Posts Tagged ‘jobcentreproplus’
JobcentreProPlus, tricky geocoding and unreliable datasets 26th Mar 09
One of the problems with working with large datasets — especially when you’re scraping them — is that they don’t always work the way one might think.
We’ve recently had reports that JobcentreProPlus.com turns up jobs that aren’t close to the postcode that the user entered when they started their search. We’ve done a bit of digging, and turned up two problems. Unfortunately, neither is easily fixable.
The first problem is that JobcentrePro’s website doesn’t expose very good location data. It’s often as little as “Camden Town, London” or “Sevenoaks, Kent”. For this to be useful, we need to convert it to a latitude and longitude, so we can see if it’s near the postcode you enter when you start a search.
This process is called geocoding, and it’s an inherently error-prone process. There’s often no way to tell the the difference between places with similar names. Usually, it works well enough, but sometimes, it’ll generate a result that’s unexpected: in real terms, you see a search result for a job in Glasgow when you were searching for things in London.
There’s not a lot we can do about this. If JobcentrePlus included better geographical information in their listings — like a postcode, or a latitude/longitude — we wouldn’t have to geocode things, which would be a great improvement.
Unfortunately, in this case, it gets more complicated. The second problem is that the JobcentrePlus database (which also drives their service!) doesn’t store good location data. Sometimes the location refers to the address of the Jobcentre shop. Sometimes, it’s the agency advertising the job. Sometimes, it’s the employer’s head office, but not the actual building you’d be working in if you took the job.
In summary: the way we’re forced to gather data introduces errors, and the underlying dataset has quite a few errors to begin with.
Despite this, we still think JobcentreProPlus.com is useful. Most of the time, the job will in fact be near the jobcentre, the employer’s head office or the job agency. That’s why our “distance from postcode” field defaults to 10 miles — we’re confident that that’ll be right, most of the time.

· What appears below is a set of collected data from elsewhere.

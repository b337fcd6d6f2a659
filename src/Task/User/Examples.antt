-- ===== src/Task/User/Examples.antt =====
-- A local task whose destructor waits for the scheduler, and one whose function returns a task, which
-- finishes after the handle is gone.
use asyncplusplus_1_1_annota.Base.{◌≡◌, false, refl}
use asyncplusplus_1_1_annota.Task.User.Local.{
  LocalTask, finished, released, spinning, destroyed, Reach, here, runs, unwraps, forwards,
  destructs, finish, release, refer, linked, settle, drop_ref, enter, waited, is_unique, yields,
  destroyed_unused,
}

abbrev gone : (s : LocalTask) × Reach s
gone = (
  _,
  destructs
      (runs
        (destructs
          (destructs (runs (destructs here (enter refl)) (finish refl refl)) (waited refl refl))
          (yields refl refl))
        (release refl))
      (is_unique refl refl),
)

abbrev unwrapped_gone : (s : LocalTask) × Reach s
unwrapped_gone = (
  _,
  destructs
      (forwards
        (destructs
          (forwards
            (runs (unwraps (unwraps (destructs here (enter refl)) (refer refl refl)) (linked refl))
              (release refl))
            (settle refl refl))
          (waited refl refl))
        (drop_ref refl refl))
      (is_unique refl refl),
)

destroyed_unused_example :
    ((unwrapped_gone.0).deleted ≡ false)
    × ((unwrapped_gone.0).stage ≡ spinning → (unwrapped_gone.0).state ≡ finished)
    × ((unwrapped_gone.0).stage ≡ destroyed
        → ((unwrapped_gone.0).state ≡ finished)
          × ((unwrapped_gone.0).handle ≡ released)
          × ((unwrapped_gone.0).forward ≡ false))
destroyed_unused_example = destroyed_unused (unwrapped_gone.1)

gone_over : (gone.0).stage ≡ destroyed
gone_over = refl
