-- ===== src/Spmp/Napot.antt =====
-- The address register of a NAPOT entry, and the range that `find_matching_entry` reads from it.
use native.Mathlib.Nat.{pow-le-pow_right, div-div-eq-div-mul, mul-add-div_right, div-eq_of_lt}
use rvvp.Base.{
  ℕ, zero, suc, ◌+◌, ◌-◌, ◌*◌, ◌/◌, ◌%◌, ◌^◌, ◌≤◌, ◌<◌, ◌≡◌, sym, ap, ◌∙◌, arith, bit_and,
}
use rvvp.Base.Bits.{bit_not, bit_and_high, two-pow-suc, two_pow_pos}
use rvvp.Spmp.Region.{zero_bit, int_bit, napot_region}

-- The register for the naturally aligned range number `base` of the `2 ^ (k + 3)` byte ranges.
abbrev pub napot : ℕ → ℕ → ℕ
napot base k = base * 2 ^ suc k + (2 ^ k - 1)

halved : (i val : ℕ) → val / 2 ^ suc i ≡ val / 2 ^ i / 2
halved i val =
    ap (λ (p : ℕ). val / p) {y = 2 ^ i * 2} (omega (arith, two-pow-suc i))
    ∙ sym (div-div-eq-div-mul val (2 ^ i) 2)

zero_bit-ones :
    (n i k val base : ℕ)
    → k < n
    → val / 2 ^ i ≡ base * 2 ^ suc k + (2 ^ k - 1)
    → zero_bit n i val ≡ i + k
unfolding zero_bit
zero_bit-ones zero i k val base h e = absurd (omega arith)
zero_bit-ones (suc n) i zero val base h e = ground arith
zero_bit-ones (suc n) i (suc k) val base h e =
    let p = two-pow-suc k in
    let q : base * 2 ^ suc (suc k) ≡ 2 * (base * 2 ^ suc k) =
      omega (arith, ap (λ (t : ℕ). base * t) (two-pow-suc (suc k))) in
    let next : val / 2 ^ suc i ≡ base * 2 ^ suc k + (2 ^ k - 1) =
      omega (arith, halved i val, p, q, two_pow_pos k) in
    let odd : val / 2 ^ i % 2 ≡ 1 = omega (arith, p, q, two_pow_pos k) in
    ground (arith, zero_bit-ones n (suc i) k val base (omega arith) next)

small_int_bit : (k : ℕ) → k < 31 → int_bit k ≡ 2 ^ k
unfolding int_bit
small_int_bit k h = let e : k % 32 ≡ k = omega arith in rw e (ground arith)

-- The register written for a naturally aligned range of 8 bytes up to 4 GiB, in the 34-bit address
-- space, is read back as exactly that range.
pub napot_region-napot :
    (base k : ℕ)
    → k < 30
    → napot base k < 2 ^ 32
    → napot_region (napot base k)
      ≡ record { start_addr = base * 2 ^ (k + 3); end_addr = (base + 1) * 2 ^ (k + 3) }
unfolding napot_region
napot_region-napot base k h word =
    let val = base * 2 ^ suc k + (2 ^ k - 1) in
    let p = two-pow-suc k in
    let pos_k = two_pow_pos k in
    let cover : 2 ^ suc k ≤ 2 ^ 30 = pow-le-pow_right (omega arith) {j = 30} (omega arith) in
    let ones : zero_bit 32 0 val ≡ k =
      zero_bit-ones 32 0 k val base (omega arith) (omega arith) ∙ omega arith in
    let size : int_bit (zero_bit 32 0 val + 1) ≡ 2 ^ suc k =
      ap (λ (j : ℕ). int_bit (j + 1)) ones
      ∙ ap int_bit {y = suc k} (omega arith)
      ∙ small_int_bit (suc k) (omega arith) in
    let start : bit_and val (bit_not 64 (2 ^ suc k - 1)) ≡ base * 2 ^ suc k =
      bit_and_high 64 (suc k) val (omega arith) (omega arith)
      ∙ ap (λ (t : ℕ). t * 2 ^ suc k)
          (mul-add-div_right (two_pow_pos (suc k)) base (2 ^ k - 1)
            ∙ omega (arith, div-eq_of_lt {n = 2 ^ k - 1} {m = 2 ^ suc k} (omega arith))) in
    let eight : 2 ^ (k + 3) ≡ 4 * 2 ^ suc k =
      ap (λ (j : ℕ). 2 ^ j) {y = suc (suc (suc k))} (omega arith)
      ∙ omega (arith, two-pow-suc (suc (suc k)), two-pow-suc (suc k)) in
    let whole : base * 2 ^ (k + 3) ≡ 4 * (base * 2 ^ suc k) =
      ap (λ (t : ℕ). base * t) eight ∙ omega arith in
    let next : (base + 1) * 2 ^ (k + 3) ≡ base * 2 ^ (k + 3) + 2 ^ (k + 3) = omega arith in
    rw (size, start) (ground arith)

The bottom line is that the quality of our site is completely dependent on the quality of the underlying data. Until that data is better, there’s not much we can do to improve things — but we’re not too worried. From a plain reading of search results, we think we’re doing ok. This search for stuff in London returns mostly stuff that, according to the job ad, is in London.
We think it’s good enough to be useful, and that’s really our only goal.
Rewired State: JobcentreProPlus 8th Mar 09
On Saturday I was at RewiredState. A bunch of geeks got together to build things. We wanted to show government how it’s done!
At the end of the day, we each got two minutes to present what we’d done to each other, and an assemblage of government types. People did some really cool stuff, from Rob McKinnon & co’s Compani.es, which is the website that Companies House ought to have, to a reimplementation of ActivePlaces. They scraped this multimillion pound website, got all their data, and then did with it in an afternoon what the site hasn’t managed to do with a massive budget and years of time. Great stuff. Emma Mulqueeny’s written some more about the day, and the other hacks.
Sam Smith and I got together to do a project. Given the current economic malaise, it’s quite important for people to be able to find jobs, and a little birdy turned us on to the fact that the JobCentre Plus site really isn’t good. In fact, it’s quite painful. To get any jobs out of it at all, you have to fill in 4 reasonably large forms. Once you have some jobs to look at, you can’t do anything with them. There’s no RSS, you can’t get email alerts for new jobs, and you can’t bookmark jobs you’re interested in, because their URLs don’t work properly. The next time you want to find jobs, you have to go through the whole ordeal again. Bleh.
Our task was to make this better. Sam wrote some scrapers to pull down Jobcentre’s data — which was no mean feat in itself — and I made a website to display it. It’s a bit rough and ready, but it works. You can go to www.jobcentreproplus.com, search for jobs in your area, view them, bookmark them, get email alerts, subscribe in your feed reader and use the API to search and display jobs on your own site. Everything that the real site should do and doesn’t.
We didn’t realise it at the time, but there were prizes for the hacks that the organisers liked the most. Rather suprisingly — given the very high quality of all the other projects — Sam and I won!
We’re really glad that they liked it, and we hope you will too. Have a look, and let us know what you think.